Items from a data source:
*** Block opens ***
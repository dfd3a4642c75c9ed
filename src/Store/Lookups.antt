-- ===== src/Store/Lookups.antt =====
-- What a lookup of a decision answers: prism_serve/scheduler/replacement_store.py.
use prism_serve.Base.{
  String, ◌≡◌, refl, ap, ◌∙◌, inl, inr, true, false, Option, none, some, Bool-cases, Option-cases,
  is_some, nat_key, text_key, pair_key, triple_key, Error, ok, err, pure, raise_if, bind_err, pass,
  Checked, raised, passed, raise_if-Checked, then-Checked, reading-Checked, weaken-Checked,
}
use prism_serve.Base.Dict.{lookup}
use prism_serve.Store.Records.{
  ReplacementReleaseRecord, key_of, Hashes, same_record, same_record_iff,
}
use prism_serve.Store.State.{
  Store, store_unavailable, conflict, retired_run, require_integrity, validate_requested_run,
}
use prism_serve.Store.Decisions.{retired, check_new, answer_found, lookup_record}
use prism_serve.Store.Requests.{Matching, require_integrity-Checked, validate_requested_run-Checked}

-- The key of the record is free, and its run may take it.
pub record IsMissing (h : Hashes) (r : ReplacementReleaseRecord) (old : String) (s : Store)
    : Type 0 where
  pub intact : s.fatal_error ≡ none
  pub free : lookup (key_of r) s.records ≡ none
  pub unsealed : retired r.restart_run_id s ≡ false
  pub matching : Matching h s.active_run r.restart_run_id old r.decision_digest

pub data LookupCase (h : Hashes) (r : ReplacementReleaseRecord) (old : String) (s : Store)
    : Type 0 where
  refused : (e : Error) → lookup_record h r old s ≡ (err e, s) → LookupCase h r old s
  found :
      s.fatal_error ≡ none
      → lookup_record h r old s ≡ (ok (some r), s)
      → lookup (key_of r) s.records ≡ some r
      → LookupCase h r old s
  missing : lookup_record h r old s ≡ (ok none, s) → IsMissing h r old s → LookupCase h r old s

check_new-Checked :
    (h : Hashes) (r : ReplacementReleaseRecord) (old : String) (s : Store)
    → s.fatal_error ≡ none
    → lookup (key_of r) s.records ≡ none
    → Checked (check_new h r old) s (IsMissing h r old s)
unfolding check_new
check_new-Checked h r old s i f =
    weaken-Checked _ s (λ q. record { intact = i; free = f; unsealed = q.0; matching = q.1.2 })
      (then-Checked (λ t. raise_if (retired r.restart_run_id t) retired_run t) s
        (validate_requested_run h r.restart_run_id old (some r.decision_digest))
        (reading-Checked (λ t. raise_if (retired r.restart_run_id t) retired_run) s
          (raise_if-Checked _ _ s))
        (λ n. validate_requested_run-Checked h r.restart_run_id old r.decision_digest s))

module _ (h : Hashes) (r : ReplacementReleaseRecord) (old : String) (s : Store) where
  -- Past the first check, the answer is that for what is under the key.
  looked :
      (o : Option ReplacementReleaseRecord)
      → require_integrity s ≡ (ok tt, s)
      → lookup (key_of r) s.records ≡ o
      → lookup_record h r old s ≡ answer_found h r old o s
  unfolding lookup_record
  looked o p f =
      pass require_integrity (λ t. answer_found h r old (lookup (key_of r) t.records) t) s p
        (ap (λ o. answer_found h r old o s) f)

  found-same :
      (x : ReplacementReleaseRecord)
      → same_record x r ≡ true
      → answer_found h r old (some x) s ≡ (ok (some r), s)
  unfolding answer_found
  found-same x e = rw e (ap (λ y. (ok (some y), s)) ((same_record_iff x r).0 e))

  found-other :
      (x : ReplacementReleaseRecord)
      → same_record x r ≡ false
      → answer_found h r old (some x) s
        ≡ (err (conflict "replacement key reused with different record/digest"), s)
  unfolding answer_found
  found-other x e = rw e refl

  lookup_free :
      require_integrity s ≡ (ok tt, s)
      → s.fatal_error ≡ none
      → lookup (key_of r) s.records ≡ none
      → LookupCase h r old s
  unfolding answer_found
  lookup_free p i f = elim (check_new-Checked h r old s i f) [
    | raised e q ↦ refused e (looked none p f ∙ bind_err (check_new h r old) (λ _. pure none) s e q)
    | passed q m ↦ missing (looked none p f ∙ pass (check_new h r old) (pure none) s q refl) m
  ]

  -- A lookup changes nothing: it refuses, finds the record itself, or finds its key free.
  pub lookup_record-cases : LookupCase h r old s
  unfolding lookup_record
  lookup_record-cases = elim (require_integrity-Checked s) [
    | raised e p ↦ refused e (
        bind_err require_integrity (λ _. λ t. answer_found h r old (lookup (key_of r) t.records) t)
          s e p)
    | passed p i ↦ elim (Option-cases (lookup (key_of r) s.records)) [
      | inl f ↦ lookup_free p i f
      | inr (x, f) ↦ elim (Bool-cases (same_record x r)) [
        | inl same ↦
            found i (looked (some x) p f ∙ found-same x same)
              (f ∙ ap some ((same_record_iff x r).0 same))
        | inr other ↦ refused _ (looked (some x) p f ∙ found-other x other)
      ]
    ]
  ]

  -- A record that is there is found.
  pub lookup_there :
      s.fatal_error ≡ none
      → lookup (key_of r) s.records ≡ some r
      → lookup_record h r old s ≡ (ok (some r), s)
  unfolding require_integrity
  lookup_there f e =
      looked (some r) (ap (λ o. raise_if (is_some o) store_unavailable s) f) e
      ∙ found-same r ((same_record_iff r r).1 refl)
*** Block closes ***
__The problem__: Your answer should be the lines above that contain the word "cases", copied out.

__Exercise output__:
  String, ◌≡◌, refl, ap, ◌∙◌, inl, inr, true, false, Option, none, some, Bool-cases, Option-cases,
  pub lookup_record-cases : LookupCase h r old s
  lookup_record-cases = elim (require_integrity-Checked s) [
    | passed p i ↦ elim (Option-cases (lookup (key_of r) s.records)) [
      | inr (x, f) ↦ elim (Bool-cases (same_record x r)) [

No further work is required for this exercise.